#### Assigned task:
Check every line below for the word "codes" and copy each one that has it.

#### The data:
■ ■ ■ ■ ■

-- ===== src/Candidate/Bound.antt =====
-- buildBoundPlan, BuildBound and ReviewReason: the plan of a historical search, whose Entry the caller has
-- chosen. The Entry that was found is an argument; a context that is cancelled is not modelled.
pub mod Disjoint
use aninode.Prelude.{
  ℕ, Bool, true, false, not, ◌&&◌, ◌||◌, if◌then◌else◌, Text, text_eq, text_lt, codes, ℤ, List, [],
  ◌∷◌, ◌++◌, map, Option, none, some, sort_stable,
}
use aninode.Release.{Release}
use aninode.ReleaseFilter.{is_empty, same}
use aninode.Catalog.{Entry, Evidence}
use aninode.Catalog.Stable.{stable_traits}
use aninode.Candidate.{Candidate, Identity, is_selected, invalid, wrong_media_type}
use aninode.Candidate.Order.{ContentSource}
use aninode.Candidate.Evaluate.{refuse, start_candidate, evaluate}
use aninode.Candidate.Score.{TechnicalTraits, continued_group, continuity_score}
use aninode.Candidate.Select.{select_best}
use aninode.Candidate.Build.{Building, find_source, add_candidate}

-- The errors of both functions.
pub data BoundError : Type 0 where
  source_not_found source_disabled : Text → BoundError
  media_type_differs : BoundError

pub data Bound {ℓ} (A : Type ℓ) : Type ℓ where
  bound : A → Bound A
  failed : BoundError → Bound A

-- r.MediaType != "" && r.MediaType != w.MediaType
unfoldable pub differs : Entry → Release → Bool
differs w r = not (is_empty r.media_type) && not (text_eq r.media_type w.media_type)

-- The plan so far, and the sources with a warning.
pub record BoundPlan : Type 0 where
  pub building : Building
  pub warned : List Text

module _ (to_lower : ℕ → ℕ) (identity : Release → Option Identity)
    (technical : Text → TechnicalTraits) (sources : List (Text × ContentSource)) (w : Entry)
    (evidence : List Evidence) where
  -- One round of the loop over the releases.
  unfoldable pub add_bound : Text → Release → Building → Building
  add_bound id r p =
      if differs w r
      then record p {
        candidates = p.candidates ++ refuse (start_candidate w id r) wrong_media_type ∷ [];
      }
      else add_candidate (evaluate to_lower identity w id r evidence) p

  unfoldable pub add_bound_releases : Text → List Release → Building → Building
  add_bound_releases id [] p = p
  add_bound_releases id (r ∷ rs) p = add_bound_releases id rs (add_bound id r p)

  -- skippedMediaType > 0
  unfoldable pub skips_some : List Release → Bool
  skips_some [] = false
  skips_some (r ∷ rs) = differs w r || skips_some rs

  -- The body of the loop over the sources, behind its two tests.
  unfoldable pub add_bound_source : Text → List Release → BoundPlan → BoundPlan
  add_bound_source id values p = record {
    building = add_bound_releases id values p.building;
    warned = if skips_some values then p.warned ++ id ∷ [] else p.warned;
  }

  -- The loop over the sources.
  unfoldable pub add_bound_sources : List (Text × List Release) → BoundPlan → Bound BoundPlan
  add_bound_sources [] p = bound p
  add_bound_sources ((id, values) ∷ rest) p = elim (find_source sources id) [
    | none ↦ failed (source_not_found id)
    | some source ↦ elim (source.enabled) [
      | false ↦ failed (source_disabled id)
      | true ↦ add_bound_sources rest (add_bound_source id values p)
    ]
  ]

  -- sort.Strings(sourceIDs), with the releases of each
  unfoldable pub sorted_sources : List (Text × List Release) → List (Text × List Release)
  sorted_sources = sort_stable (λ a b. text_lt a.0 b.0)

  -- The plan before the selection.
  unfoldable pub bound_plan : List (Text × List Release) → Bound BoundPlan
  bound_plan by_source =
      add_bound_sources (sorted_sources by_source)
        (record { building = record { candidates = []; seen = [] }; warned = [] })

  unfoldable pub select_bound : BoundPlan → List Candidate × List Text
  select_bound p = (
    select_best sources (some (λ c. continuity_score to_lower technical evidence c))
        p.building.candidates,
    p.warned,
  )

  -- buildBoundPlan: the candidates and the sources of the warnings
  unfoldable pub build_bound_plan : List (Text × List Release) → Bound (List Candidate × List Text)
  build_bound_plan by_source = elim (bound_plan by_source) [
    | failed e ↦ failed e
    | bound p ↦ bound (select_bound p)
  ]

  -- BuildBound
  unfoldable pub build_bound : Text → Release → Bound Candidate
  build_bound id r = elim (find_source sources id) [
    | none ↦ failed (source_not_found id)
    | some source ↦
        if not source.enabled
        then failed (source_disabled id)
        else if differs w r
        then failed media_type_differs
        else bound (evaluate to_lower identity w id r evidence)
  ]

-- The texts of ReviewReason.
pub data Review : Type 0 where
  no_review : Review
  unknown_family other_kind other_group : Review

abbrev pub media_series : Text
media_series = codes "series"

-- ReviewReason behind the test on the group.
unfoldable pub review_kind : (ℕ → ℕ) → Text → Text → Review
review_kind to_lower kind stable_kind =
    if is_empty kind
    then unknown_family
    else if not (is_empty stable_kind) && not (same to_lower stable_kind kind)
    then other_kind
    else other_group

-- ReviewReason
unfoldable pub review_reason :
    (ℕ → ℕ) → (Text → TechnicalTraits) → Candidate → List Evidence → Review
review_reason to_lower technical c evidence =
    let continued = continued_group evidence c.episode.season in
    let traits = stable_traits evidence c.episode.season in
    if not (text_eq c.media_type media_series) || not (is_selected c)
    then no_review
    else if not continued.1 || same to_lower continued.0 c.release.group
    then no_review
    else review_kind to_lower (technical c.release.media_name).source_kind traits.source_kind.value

■ ■ ■ ■ ■

#### Solved problem:
  ℕ, Bool, true, false, not, ◌&&◌, ◌||◌, if◌then◌else◌, Text, text_eq, text_lt, codes, ℤ, List, [],
media_series = codes "series"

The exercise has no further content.